# Dried corn stalks?



## Mini-M Ranch (Sep 14, 2009)

Are dried corn stalks safe for goats?  I've got some up in the hay barn from this year, but don't know if they are safe or not.  Some of them do have stripped cobs on them (the chickens ate all the kernels off before I cut them down.)


----------



## freemotion (Sep 15, 2009)

I never have, but I'd give them to my girls.  Introduce any new food slowly.  But corn is a form of grass, so if they like it, they will eat it.  I have only one of my four who is seriously interested in the husks when I buy sweet corn.


----------



## currycomb (Sep 15, 2009)

mine love the stalks.


----------



## FarmerMack (Sep 15, 2009)

I feed the stalks to my goats dried or not. My Angora buck loves them but my pygmy doe doesnt.

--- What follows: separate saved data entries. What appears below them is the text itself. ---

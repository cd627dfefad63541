-- ===== src/Connect/PairText.antt =====
-- Writing a map as connection-string text and reading it back (`parse_key_value_pairs`).
use stackable_odbc_trino.Base.{
  ◌≡◌, refl, sym, ap, ◌∙◌, true, false, List, [], ◌∷◌, ◌++◌, Option, none, some, arith, inl, inr,
  if◌then◌else◌, Bool-cases,
}
use stackable_odbc_trino.Base.{All, All-append}
use stackable_odbc_trino.Base.Outcome.{ok}
use stackable_odbc_trino.Base.Text.{Text, eq_text, is_empty}
use stackable_odbc_trino.Base.Text.Compare.{eq_text-eq, eq_text_refl}
use stackable_odbc_trino.Base.Text.Space.{trim, trim_start, trim_end, is_whitespace}
use stackable_odbc_trino.Base.Text.Split.{split_once_first}
use stackable_odbc_trino.Base.Text.Parts.{split, Lacks, split-append, trim_nonempty}
use stackable_odbc_trino.Connect.Keywords.{Keyword}
use stackable_odbc_trino.Connect.Pairs.{
  HashMap, insert, lookup, named, read_pair, keep_pair, read_pairs, parse_key_value_pairs,
}

-- A pair that survives the text: neither part has a separator of its own or space around it, and the
-- name is not empty.
pub record IsPair (p : Text × Text) : Type 0 where
  pub name_ends : Lacks b';' p.0
  pub name_colon : Lacks b':' p.0
  pub name_trimmed : trim p.0 ≡ p.0
  pub name_nonempty : is_empty p.0 ≡ false
  pub value_ends : Lacks b';' p.1
  pub value_trimmed : trim p.1 ≡ p.1

unfoldable pub pair_text : Text × Text → Text
pair_text (name, v) = name ++ b':' ∷ v

-- Each pair is followed by a separator.
unfoldable pub pairs_text : List (Text × Text) → Text
pairs_text [] = []
pairs_text (p ∷ ps) = pair_text p ++ b';' ∷ pairs_text ps

-- The value that a name has last.
unfoldable pub last_value : Text → List (Text × Text) → Option Text → Option Text
last_value name [] found = found
last_value name ((n, v) ∷ ps) found = last_value name ps (if eq_text name n then some v else found)

read_pair-pair_text :
    (k : Keyword) (p : Text × Text) → IsPair p → read_pair k (pair_text p) ≡ ok (some p)
unfolding read_pair named pair_text
read_pair-pair_text k (name, v) h =
    let colon : is_whitespace b':' ≡ false = (unfold is_whitespace in refl) in
    rw
      (
        trim_nonempty name b':' v colon,
        split_once_first b':' name v h.name_colon,
        h.name_trimmed,
        h.name_nonempty,
        h.value_trimmed,
      )
      refl

pair_text-Lacks : (p : Text × Text) → IsPair p → Lacks b';' (pair_text p)
unfolding pair_text
pair_text-Lacks (name, v) h = All-append _ name (b':' ∷ v) h.name_ends (omega arith, h.value_ends)

split-pairs_text :
    (p : Text × Text) (ps : List (Text × Text))
    → IsPair p
    → split b';' (pairs_text (p ∷ ps)) ≡ pair_text p ∷ split b';' (pairs_text ps)
unfolding pairs_text
split-pairs_text p ps h = split-append b';' (pair_text p) (pairs_text ps) (pair_text-Lacks p h)

unfoldable insert_all : List (Text × Text) → HashMap → HashMap
insert_all [] m = m
insert_all ((n, v) ∷ ps) m = insert_all ps (insert n v m)

read_nothing : (k : Keyword) (m : HashMap) → read_pairs k (split b';' []) m ≡ ok m
unfolding split read_pairs read_pair keep_pair trim trim_start trim_end is_empty
read_nothing k m = refl

read_first :
    (k : Keyword) (p : Text × Text) (parts : List Text) (m : HashMap)
    → read_pair k (pair_text p) ≡ ok (some p)
    → read_pairs k (pair_text p ∷ parts) m ≡ read_pairs k parts (insert p.0 p.1 m)
unfolding read_pairs keep_pair
read_first k p parts m h = rw h refl

read_pairs-pairs_text :
    (k : Keyword) (ps : List (Text × Text)) (m : HashMap)
    → All IsPair ps
    → read_pairs k (split b';' (pairs_text ps)) m ≡ ok (insert_all ps m)
unfolding insert_all pairs_text
read_pairs-pairs_text k [] m h = read_nothing k m
read_pairs-pairs_text k ((n, v) ∷ ps) m (hp, hs) =
    ap (λ parts. read_pairs k parts m) (split-pairs_text (n, v) ps hp)
    ∙ read_first k (n, v) (split b';' (pairs_text ps)) m (read_pair-pair_text k (n, v) hp)
    ∙ read_pairs-pairs_text k ps (insert n v m) hs

-- A text equal to one of two different ones is not equal to the other.
eq_text_other :
    (name n a : Text) → eq_text n a ≡ false → eq_text name a ≡ true → eq_text name n ≡ false
eq_text_other name n a e h = elim (Bool-cases (eq_text name n)) [
  | inl same ↦
      let both : n ≡ a = sym (eq_text-eq name n same) ∙ eq_text-eq name a h in
      let true_too : eq_text n a ≡ true = ap (eq_text n) (sym both) ∙ eq_text_refl n in cc
  | inr other ↦ other
]

-- A name finds what was inserted for it, and any other what it found before.
pub lookup-insert :
    (name n v : Text) (m : HashMap)
    → lookup name (insert n v m) ≡ (if eq_text name n then some v else lookup name m)
unfolding lookup insert
lookup-insert name n v [] = refl
lookup-insert name n v ((a, b) ∷ m) = elim (Bool-cases (eq_text n a)) [
  | inl e ↦
      let same : eq_text name n ≡ eq_text name a = ap (eq_text name) (eq_text-eq n a e) in
      ground arith
  | inr e ↦ ground (arith, lookup-insert name n v m, eq_text_other name n a e)
]

lookup-insert_all :
    (name : Text) (ps : List (Text × Text)) (m : HashMap)
    → lookup name (insert_all ps m) ≡ last_value name ps (lookup name m)
unfolding insert_all last_value
lookup-insert_all name [] m = refl
lookup-insert_all name ((n, v) ∷ ps) m =
    lookup-insert_all name ps (insert n v m) ∙ ap (last_value name ps) (lookup-insert name n v m)

-- Pairs written with a colon between name and value and a semicolon behind each are read back: if no
-- part has a separator of its own or space around it, and no name is empty, then the text is accepted,
-- and a name finds the value that it was given last, or nothing if it was given none.
pub parse_key_value_pairs-pairs_text :
    (k : Keyword) (ps : List (Text × Text))
    → All IsPair ps
    → (m : HashMap) × (parse_key_value_pairs k (pairs_text ps) ≡ ok m)
      × ((name : Text) → lookup name m ≡ last_value name ps none)
unfolding parse_key_value_pairs
parse_key_value_pairs-pairs_text k ps h = (
  insert_all ps [],
  read_pairs-pairs_text k ps [] h,
  λ name. lookup-insert_all name ps [] ∙ ap (last_value name ps) (nothing name),
)
  where
    nothing : (name : Text) → lookup name [] ≡ none
    nothing name = unfold lookup in refl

The Angora's 2 pygora boys both like them but not as much as he does. feed away if they dont like it they wont eat it


----------



## Mini-M Ranch (Sep 15, 2009)

Well, they went for it...after it was thoroughly sniffed and licked a little by our bravest doe.


----------



## freemotion (Sep 15, 2009)

Just in case they were the goat-eating kind of cornstalks....like the stories told in the barn by the older bucklings after the people turn the lights out......


----------



## annanicole18 (Sep 15, 2009)

mine loved taking over my garden.  my dairy doe plowed the stalks over because my pygmy is too little.  they liked it and it kept them busy


----------